As foreign economies bloom, an increasing number of Americans will soon be seeking employment opportunities overseas, Garrels predicted. Lacking language skills and cultural understanding, they will find that not everyone in the world speaks English. Garrels said most Russian officials who she met during her recent trip down the Volga River did not speak English.

Garrels, who has won a Courage in Journalism Award from the International Women in Journalism Fund, said that as a woman she hadn’t been treated differently by predominantly patriarchal governments, because most of them see Americans as just “a foreigner” and leave gender out of the picture.

However, Garrels had to wear a burka once in order to interview an Islamic teacher. Burkas, the Afghani all-enveloping outer garment for women, have only a small screen before the woman’s eyes. Garrels said she was essentially blind unless she held the screen close to her eyes during the interview, all while trying to take notes and run a tape recorder.

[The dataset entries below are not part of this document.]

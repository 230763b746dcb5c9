-- ===== src/Document.antt =====
-- A settings file as backend/internal/tailscale, vnc and dns keep one: a value that is read whole,
-- changed, and written whole under the package's mutex. The file is the state: `none` while it does
-- not exist.
pub mod Laws
use router_docker.Prelude.Exec.{Exec, continue, ◌>>=◌, lift}
use router_docker.Prelude.{Bool, Option, none, some, if◌then◌else◌, Result, ok, err, io}

-- The encoder of the value, and how the system answers. `C` is what a file can hold.
pub record Codec (T C : Type 0) : Type 0 where
  pub marshal : T → C
  pub unmarshal : C → Option T
  pub read_ok : Bool
  pub write_ok : Bool

abbrev pub decoded {ℓ} : {T : Type ℓ} → Option T → Result T
decoded none = err io
decoded (some x) = ok x

module _ {T C : Type 0} (b : Codec T C) where
  -- `os.ReadFile` and the decoder, with the value of a missing file
  unfoldable pub read_from : T → Option C → Result T
  read_from missing none = ok missing
  read_from missing (some content) = if b.read_ok then decoded (b.unmarshal content) else err io

  unfoldable pub load : T → Exec (Option C) T
  load missing s = (read_from missing s, s)

  -- `atomicfile.Write`: the old content stays if any step fails
  unfoldable pub save : T → Exec (Option C) (Unit {0})
  save x s = if b.write_ok then (ok tt, some (b.marshal x)) else (err io, s)

  -- load, change or refuse, save
  unfoldable pub edit : T → (T → Result T) → Exec (Option C) (Unit {0})
  unfolding load save
  edit missing change = do x ← load missing; y ← lift (change x); save y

During her visit to USU, Garrels signed copies of her 2003 book, Naked in Baghdad, which describes the daily journalistic survival practice in Baghdad. The title comes from her strategy for preventing government officials from confiscating her illegal satellite phone.

Living in hotels, reporters were not allowed to have satellite phones. However, the phone was essential as the centralized building where journalists went to send stories was under a bomb threat, and getting a line to the United States often took hours.

So when security officers came to search her hotel room, Garrels would tell them through the door that she was naked. The Muslim traditions and values did not allow the security officers to enter the room.

Garrels, who NBC News’ Tom Brokaw has described as “one of America’s most insightful and courageous journalists,” is now “retiring” to become a contributing correspondent at NPR, and will reduce her workload to occasional reporting trips while spending more time at home in rural northwestern Connecticut with her husband, cartoonist Vint Lawrence.

After more than 30 years on the road, she says, “I am glad I live here.”